Look through the lines below and extract any with the word "IsUsable".

Collected data entries:
--- --- ---

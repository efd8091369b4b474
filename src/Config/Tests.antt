-- ===== src/Config/Tests.antt =====
-- An environment for `Load` of internal/config/config.go, with a toy of every library that it calls.
use dc_streaming_p2p.Base.{
  ℕ, zero, suc, ◌*◌, Bool, true, false, ◌&&◌, Option, none, some, List, [], ◌∷◌, ◌++◌, Text,
  if◌then◌else◌, ◌==◌, ◌≡◌, refl, map, and_then, length, inr, inl, ◌⊎◌, text_dec, ℕ_discrete,
}
use dc_streaming_p2p.Base.Int.{ℤ, pos}
use dc_streaming_p2p.Base.Decimal.{read_int}
use dc_streaming_p2p.Base.Strings.{codes, cut_at, trim_space, text_len}
use dc_streaming_p2p.Base.Map.{lookup, insert}
use dc_streaming_p2p.Auth.Clients
use dc_streaming_p2p.Auth.Clients.{ClientConfig}
use dc_streaming_p2p.Config.{Outside, Url, Config, validate, split_list}
use dc_streaming_p2p.Config.Load.{
  load_clients, setting, load_signing_key, duration, whole, load, read_config, read_problems,
}
use dc_streaming_p2p.Base.Split.{joined}
use dc_streaming_p2p.Config.Lists.{all_entries, split_list_lem}
use dc_streaming_p2p.Config.Checked.{IsUsable, load-IsUsable}

abbrev equal : Text → Text → Bool
equal [] [] = true
equal (c ∷ s) (d ∷ t) = c == d && equal s t
equal _ _ = false

abbrev find : List (Text × Text) → Text → Text
find [] key = []
find ((k, value) ∷ more) key = if equal k key then value else find more key

-- A number of some unit of time.
abbrev times : ℕ → Option (Text × Text) → Option ℤ
times unit none = none
times unit (some (digits, after)) = and_then (read_int digits) (λ n. some (pos (n * unit)))

abbrev first_of : Option ℤ → Option ℤ → Option ℤ
first_of none o = o
first_of (some n) o = some n

abbrev time_of : Text → Option ℤ
time_of raw =
    first_of (times 1000000000 (cut_at b's' raw))
      (first_of (times 60000000000 (cut_at b'm' raw)) (times 3600000000000 (cut_at b'h' raw)))

abbrev whole_of : Text → Option ℤ
whole_of raw = and_then (read_int raw) (λ n. some (pos n))

abbrev url_of : Option (Text × Text) → Option Url
url_of none = none
url_of (some (scheme, rest)) = some (record { scheme = scheme; opaque = rest; hostname = [] })

-- A client whose name and secret are the whole text.
abbrev client_of : Text → ClientConfig
client_of raw = record { id = raw; peer_id = raw; secret = raw }

abbrev pub outside_with : List (Text × Text) → Outside
outside_with env = record {
  getenv = find env;
  read_file = λ path. none;
  parse_duration = time_of;
  atoi = whole_of;
  split_host_port = cut_at b':';
  parse_url = λ raw. url_of (cut_at b':' raw);
  decode_base64 = λ raw. some raw;
  key_from_seed = λ seed. seed ++ seed;
  unmarshal_clients = λ raw. some (client_of raw ∷ []);
}

abbrev pub out : Outside
out = outside_with (
    (codes "CENTRAL_CLIENTS", codes "0123456789abcdef0123456789abcdef")
    ∷ (codes "CENTRAL_TOKEN_SIGNING_KEY", codes "fedcba9876543210fedcba9876543210")
    ∷ (codes "CENTRAL_ALLOWED_ORIGINS", codes "https://a.example, https://b.example")
    ∷ (codes "CENTRAL_SUSPECT_AFTER", codes "45s")
    ∷ (codes "CENTRAL_TURN_URLS", codes "turn:relay.example")
    ∷ (codes "CENTRAL_TURN_SECRET", codes "shared")
    ∷ [])

-- Texts that are their own digest.
abbrev pub digest : Text → Text
digest text = text

abbrev pub loaded : Config
loaded = read_config out digest

read_fine : read_problems out digest ≡ []
unfolding read_problems load_clients setting trim_space Clients.new Clients.add_clients text_len
    lookup insert load_signing_key duration read_int whole
read_fine = refl

valid_fine : validate out loaded ≡ []
unfolding validate read_config load_clients setting trim_space Clients.new Clients.add_clients
    text_len lookup insert load_signing_key duration read_int whole split_list text_dec ℕ_discrete
valid_fine = refl

pub out-loads : load out digest ≡ inr loaded
unfolding load
out-loads = rw (read_fine, valid_fine) refl

load-IsUsable_example : IsUsable digest loaded
load-IsUsable_example = load-IsUsable out digest loaded out-loads

abbrev origins : List Text
origins = codes "https://a.example" ∷ codes "https://b.example" ∷ []

abbrev raw_list : Text
raw_list = codes " a,, b ,"

split_list_lem_example :
    (split_list (codes "https://a.example, https://b.example") ≡ origins)
    × (all_entries (split_list raw_list) ≡ true)
    × (split_list (joined (split_list raw_list)) ≡ split_list raw_list)
unfolding dc_streaming_p2p.Base.Strings.is_space
split_list_lem_example = split_list_lem origins raw_list refl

--- --- ---

## OUTPUT FOR THIS EXERCISE:
use dc_streaming_p2p.Config.Checked.{IsUsable, load-IsUsable}
load-IsUsable_example : IsUsable digest loaded
load-IsUsable_example = load-IsUsable out digest loaded out-loads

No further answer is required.